# [Goal of the exercise]
Line by line, output the material without altering anything.

# [Records to process]
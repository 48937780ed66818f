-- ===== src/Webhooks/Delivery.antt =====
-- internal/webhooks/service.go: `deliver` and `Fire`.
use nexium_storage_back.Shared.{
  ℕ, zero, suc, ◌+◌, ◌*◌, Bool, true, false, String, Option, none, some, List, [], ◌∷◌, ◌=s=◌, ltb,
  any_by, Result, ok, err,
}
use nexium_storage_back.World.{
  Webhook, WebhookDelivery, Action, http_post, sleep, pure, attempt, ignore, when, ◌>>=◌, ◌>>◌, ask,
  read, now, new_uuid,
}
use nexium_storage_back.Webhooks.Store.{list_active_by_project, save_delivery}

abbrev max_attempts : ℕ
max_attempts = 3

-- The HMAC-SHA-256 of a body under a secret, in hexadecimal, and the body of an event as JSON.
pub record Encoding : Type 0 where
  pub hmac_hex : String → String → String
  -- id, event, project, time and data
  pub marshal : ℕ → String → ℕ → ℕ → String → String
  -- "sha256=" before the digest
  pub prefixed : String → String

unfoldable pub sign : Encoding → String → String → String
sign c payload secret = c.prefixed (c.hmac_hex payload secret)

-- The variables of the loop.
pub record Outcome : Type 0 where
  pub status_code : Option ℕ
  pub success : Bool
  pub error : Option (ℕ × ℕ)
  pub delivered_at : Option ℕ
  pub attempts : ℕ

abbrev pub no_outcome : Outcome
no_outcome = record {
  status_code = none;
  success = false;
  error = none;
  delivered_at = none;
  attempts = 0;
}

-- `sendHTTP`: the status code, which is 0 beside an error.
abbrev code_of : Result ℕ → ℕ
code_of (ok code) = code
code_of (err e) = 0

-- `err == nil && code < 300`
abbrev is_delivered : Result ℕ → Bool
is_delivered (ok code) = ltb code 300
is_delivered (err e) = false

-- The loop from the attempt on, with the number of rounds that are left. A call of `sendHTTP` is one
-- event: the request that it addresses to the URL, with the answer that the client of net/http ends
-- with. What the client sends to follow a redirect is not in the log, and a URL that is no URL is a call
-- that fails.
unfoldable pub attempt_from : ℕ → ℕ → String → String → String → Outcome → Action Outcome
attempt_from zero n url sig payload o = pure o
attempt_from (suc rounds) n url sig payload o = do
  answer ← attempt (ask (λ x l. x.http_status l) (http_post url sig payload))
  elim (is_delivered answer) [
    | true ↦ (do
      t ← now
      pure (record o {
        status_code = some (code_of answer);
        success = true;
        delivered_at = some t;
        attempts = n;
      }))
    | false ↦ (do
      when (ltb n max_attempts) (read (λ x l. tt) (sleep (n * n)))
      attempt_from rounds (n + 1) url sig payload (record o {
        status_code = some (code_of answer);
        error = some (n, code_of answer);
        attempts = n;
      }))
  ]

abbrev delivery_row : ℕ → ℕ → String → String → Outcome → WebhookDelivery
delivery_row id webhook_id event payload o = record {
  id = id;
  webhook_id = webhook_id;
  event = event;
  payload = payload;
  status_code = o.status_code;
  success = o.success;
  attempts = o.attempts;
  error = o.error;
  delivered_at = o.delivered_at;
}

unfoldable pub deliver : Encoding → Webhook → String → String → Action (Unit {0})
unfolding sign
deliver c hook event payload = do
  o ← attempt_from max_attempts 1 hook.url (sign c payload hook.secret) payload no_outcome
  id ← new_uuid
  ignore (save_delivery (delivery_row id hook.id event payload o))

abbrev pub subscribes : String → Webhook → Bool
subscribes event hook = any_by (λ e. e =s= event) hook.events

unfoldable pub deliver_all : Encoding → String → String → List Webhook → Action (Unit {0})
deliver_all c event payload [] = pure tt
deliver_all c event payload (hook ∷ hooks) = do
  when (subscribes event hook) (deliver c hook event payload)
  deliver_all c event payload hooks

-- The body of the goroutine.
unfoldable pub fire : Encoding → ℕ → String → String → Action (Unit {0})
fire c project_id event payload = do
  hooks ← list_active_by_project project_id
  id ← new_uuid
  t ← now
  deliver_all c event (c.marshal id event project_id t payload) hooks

# [The completed task]
repository 48937780ed66818f
-- ===== src/Webhooks/Delivery.antt =====
-- internal/webhooks/service.go: `deliver` and `Fire`.
use nexium_storage_back.Shared.{
  ℕ, zero, suc, ◌+◌, ◌*◌, Bool, true, false, String, Option, none, some, List, [], ◌∷◌, ◌=s=◌, ltb,
  any_by, Result, ok, err,
}
use nexium_storage_back.World.{
  Webhook, WebhookDelivery, Action, http_post, sleep, pure, attempt, ignore, when, ◌>>=◌, ◌>>◌, ask,
  read, now, new_uuid,
}
use nexium_storage_back.Webhooks.Store.{list_active_by_project, save_delivery}

abbrev max_attempts : ℕ
max_attempts = 3

-- The HMAC-SHA-256 of a body under a secret, in hexadecimal, and the body of an event as JSON.
pub record Encoding : Type 0 where
  pub hmac_hex : String → String → String
  -- id, event, project, time and data
  pub marshal : ℕ → String → ℕ → ℕ → String → String
  -- "sha256=" before the digest
  pub prefixed : String → String

unfoldable pub sign : Encoding → String → String → String
sign c payload secret = c.prefixed (c.hmac_hex payload secret)

-- The variables of the loop.
pub record Outcome : Type 0 where
  pub status_code : Option ℕ
  pub success : Bool
  pub error : Option (ℕ × ℕ)
  pub delivered_at : Option ℕ
  pub attempts : ℕ

abbrev pub no_outcome : Outcome
no_outcome = record {
  status_code = none;
  success = false;
  error = none;
  delivered_at = none;
  attempts = 0;
}

-- `sendHTTP`: the status code, which is 0 beside an error.
abbrev code_of : Result ℕ → ℕ
code_of (ok code) = code
code_of (err e) = 0

-- `err == nil && code < 300`
abbrev is_delivered : Result ℕ → Bool
is_delivered (ok code) = ltb code 300
is_delivered (err e) = false

-- The loop from the attempt on, with the number of rounds that are left. A call of `sendHTTP` is one
-- event: the request that it addresses to the URL, with the answer that the client of net/http ends
-- with. What the client sends to follow a redirect is not in the log, and a URL that is no URL is a call
-- that fails.
unfoldable pub attempt_from : ℕ → ℕ → String → String → String → Outcome → Action Outcome
attempt_from zero n url sig payload o = pure o
attempt_from (suc rounds) n url sig payload o = do
  answer ← attempt (ask (λ x l. x.http_status l) (http_post url sig payload))
  elim (is_delivered answer) [
    | true ↦ (do
      t ← now
      pure (record o {
        status_code = some (code_of answer);
        success = true;
        delivered_at = some t;
        attempts = n;
      }))
    | false ↦ (do
      when (ltb n max_attempts) (read (λ x l. tt) (sleep (n * n)))
      attempt_from rounds (n + 1) url sig payload (record o {
        status_code = some (code_of answer);
        error = some (n, code_of answer);
        attempts = n;
      }))
  ]

abbrev delivery_row : ℕ → ℕ → String → String → Outcome → WebhookDelivery
delivery_row id webhook_id event payload o = record {
  id = id;
  webhook_id = webhook_id;
  event = event;
  payload = payload;
  status_code = o.status_code;
  success = o.success;
  attempts = o.attempts;
  error = o.error;
  delivered_at = o.delivered_at;
}

unfoldable pub deliver : Encoding → Webhook → String → String → Action (Unit {0})
unfolding sign
deliver c hook event payload = do
  o ← attempt_from max_attempts 1 hook.url (sign c payload hook.secret) payload no_outcome
  id ← new_uuid
  ignore (save_delivery (delivery_row id hook.id event payload o))

abbrev pub subscribes : String → Webhook → Bool
subscribes event hook = any_by (λ e. e =s= event) hook.events

unfoldable pub deliver_all : Encoding → String → String → List Webhook → Action (Unit {0})
deliver_all c event payload [] = pure tt
deliver_all c event payload (hook ∷ hooks) = do
  when (subscribes event hook) (deliver c hook event payload)
  deliver_all c event payload hooks

-- The body of the goroutine.
unfoldable pub fire : Encoding → ℕ → String → String → Action (Unit {0})
fire c project_id event payload = do
  hooks ← list_active_by_project project_id
  id ← new_uuid
  t ← now
  deliver_all c event (c.marshal id event project_id t payload) hooks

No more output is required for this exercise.